The design space exploration has also yielded useful results in terms of what an allowable limit on network size would be. Locally, I’m currently operating with 2 convolutional layers, 1 pooling, and 1 fully connected dense layer, and this takes about 6.5 minutes per epoch with my reduced 8GB training set. The ECE machines will compute faster, and this 6.5 minutes per epoch rate is far shorter than my limit once we’re past the interim demo. This means if necessary, both the value and policy network architectures can grow without the training time becoming too prohibitive.

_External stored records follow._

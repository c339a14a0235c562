-- ===== src/Chunk/Hex.antt =====
-- Which number hexadecimal digits stand for.
use vakya.Prelude.{
  leb→le, ◌⊎◌, ltb, ◌-◌, ℕ, ◌+◌, ◌*◌, ◌≤◌, ◌<◌, ◌≡◌, refl, ◌∙◌, ◌↔◌, inl, inr, true, [], ◌∷◌, arith,
  leb, if◌then◌else◌, Bool-cases, All, Bytes, u64_max, ok, err,
}
use vakya.Chunk.{invalid_chunk_size, all, is_hexdigit, hex, fold_hex}

-- The hexadecimal digits by their codes, apart from the tests of the code: `0` to `9`, `A` to `F`
-- and `a` to `f`, and what each stands for.
abbrev pub IsHexDigit : ℕ → Type 0
IsHexDigit b = ((b'0' ≤ b) × (b ≤ b'9')) ⊎ ((b'A' ≤ b) × (b ≤ b'F')) ⊎ ((b'a' ≤ b) × (b ≤ b'f'))

abbrev pub digit_value : ℕ → ℕ
digit_value b =
    if ltb b b'A' then b - b'0' else if ltb b b'a' then 10 + (b - b'A') else 10 + (b - b'a')

abbrev pub IsHex : Bytes → Type 0
IsHex = All IsHexDigit

-- The number that hexadecimal digits stand for, behind those that stand for `acc`.
abbrev pub hex_value : ℕ → Bytes → ℕ
hex_value acc [] = acc
hex_value acc (digit ∷ digits) = hex_value (acc * 16 + digit_value digit) digits

hex-digit_value : (b : ℕ) → IsHexDigit b → hex b ≡ digit_value b
unfolding hex
hex-digit_value b h = ground arith

pub is_hexdigit_iff : (b : ℕ) → (is_hexdigit b ≡ true) ↔ IsHexDigit b
unfolding is_hexdigit
is_hexdigit_iff b = (λ h. ground arith, λ h. ground arith)

hex_value_grows : (acc : ℕ) (digits : Bytes) → acc ≤ hex_value acc digits
hex_value_grows acc [] = omega arith
hex_value_grows acc (d ∷ ds) = omega (arith, hex_value_grows (acc * 16 + digit_value d) ds)

fold_hex_nil : (acc : ℕ) → fold_hex acc [] ≡ ok acc
unfolding fold_hex
fold_hex_nil acc = refl

fold_hex_next :
    (acc d v : ℕ) (ds : Bytes)
    → hex d ≡ v
    → acc * 16 + v ≤ u64_max
    → fold_hex acc (d ∷ ds) ≡ fold_hex (acc * 16 + v) ds
unfolding fold_hex
fold_hex_next acc d v ds same fits =
    let within : acc * 16 + hex d ≤ u64_max = rw same fits in rw (← same) (ground arith)

fold_hex_stops :
    (acc d v : ℕ) (ds : Bytes)
    → hex d ≡ v
    → u64_max < acc * 16 + v
    → fold_hex acc (d ∷ ds) ≡ err invalid_chunk_size
unfolding fold_hex
fold_hex_stops acc d v ds same over =
    let past : u64_max < acc * 16 + hex d = rw same over in ground arith

pub fold_hex_fits :
    (acc : ℕ) (digits : Bytes)
    → IsHex digits
    → hex_value acc digits ≤ u64_max
    → fold_hex acc digits ≡ ok (hex_value acc digits)
fold_hex_fits acc [] all_hex h = fold_hex_nil acc
fold_hex_fits acc (d ∷ ds) (is_hex, all_hex) h =
    let v = digit_value d in
    let grows = hex_value_grows (acc * 16 + v) ds in
    fold_hex_next acc d v ds (hex-digit_value d is_hex) (omega (arith, grows, h))
    ∙ fold_hex_fits (acc * 16 + v) ds all_hex h

fold_hex_overflow :
    (acc : ℕ) (digits : Bytes)
    → IsHex digits
    → acc ≤ u64_max
    → u64_max < hex_value acc digits
    → fold_hex acc digits ≡ err invalid_chunk_size
fold_hex_overflow acc [] all_hex f h = absurd (omega arith)
fold_hex_overflow acc (d ∷ ds) (is_hex, all_hex) f h =
    let v = digit_value d in
    let same = hex-digit_value d is_hex in
    elim (Bool-cases (leb (acc * 16 + v) u64_max)) [
      | inl fits ↦
          fold_hex_next acc d v ds same (leb→le _ _ fits)
          ∙ fold_hex_overflow (acc * 16 + v) ds all_hex (leb→le _ _ fits) h
      | inr over ↦ fold_hex_stops acc d v ds same (ground (arith, over))
    ]

pub all_hexdigits_iff : (v : Bytes) → (all is_hexdigit v ≡ true) ↔ IsHex v
all_hexdigits_iff [] = (λ _. tt, λ _. refl)
all_hexdigits_iff (b ∷ bs) = (
  λ h. elim (Bool-cases (is_hexdigit b)) [
    | inl digit ↦ ((is_hexdigit_iff b).0 digit, (all_hexdigits_iff bs).0 (rw digit at h))
    | inr other ↦ absurd (let k = rw other at h in cc)
  ],
  λ h. rw ((is_hexdigit_iff b).1 h.0) ((all_hexdigits_iff bs).1 h.1),
)

pub fold_hex-eq-ok :
    (digits : Bytes) (n : ℕ)
    → IsHex digits
    → fold_hex 0 digits ≡ ok n
    → (n ≡ hex_value 0 digits) × (n ≤ u64_max)
fold_hex-eq-ok digits n all_hex h = elim (Bool-cases (leb (hex_value 0 digits) u64_max)) [
  | inl fits ↦ ground (arith, fold_hex_fits 0 digits all_hex)
  | inr over ↦ ground (arith, fold_hex_overflow 0 digits all_hex)
]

Therefore, beyond our interim demo, I plan to begin simulations next week to generate my first batch of policy-network-training and value-network-tuning data. Ideally I get the space increase on AFS quickly meaning I can do this remotely, but if possible I can run it locally as well, and port over the weights later. I also plan on setting up the architecture and framework for the policy network as well, so that I can begin training it as soon as the simulation data starts being generated.

November 4, 2023

Team Status Report For 11.4.23

A hardware risk that we are currently facing is the delay in parts and our delay of ordering them. With our delay of these hardware components, it’s put us behind in building and testing our code. This would push our completion date as well as possibly affect our LED development in the later half of the semester. As of right now at least, we plan to have a pre-made circuit design layout on the vector boards to speed the build process when our components arrive as well as start soldering resistors as required. This would at least not waste too much of our time and allow us to gain back some later.

One of the risks of site development is that people may not find specific parts of it not very intuitive to use. Some issues can seem a little nitpicky (one of the 2 tabs should be highlighted so that the user can easily tell which page they are on) but having an easy-to-use site makes the product more appealing. To mitigate this issue, we’ll find some sample users and have them test out the site and record their feedback on specific issues with usage on the site.

No changes were made to the existing designs of the 3 different components of the project (hardware, software, go engine).

However, there were some changes made to the schedule:

November 4, 2023November 4, 2023

Hang’s Status Report For 11.4.23

This week, I spent some time making the UI look nicer and got the saved games to display on the site. I created a new page specifically for the saved games (all the routing done with react-router) and added the necessary button and dropdown menu for uploading a file and choosing a move number. I also spent some time making the board interactable specifically for the interim demo because we haven’t integrated the different parts yet, so after the board, go engine, and site are all integrated, I will remove this feature.

My progress is currently on track. By next week, I will set up a local python server specifically for running the python scripts for the go engine, so that the frontend can make a request for getting the recommended game moves, and the server will return a response containing the recommended moves.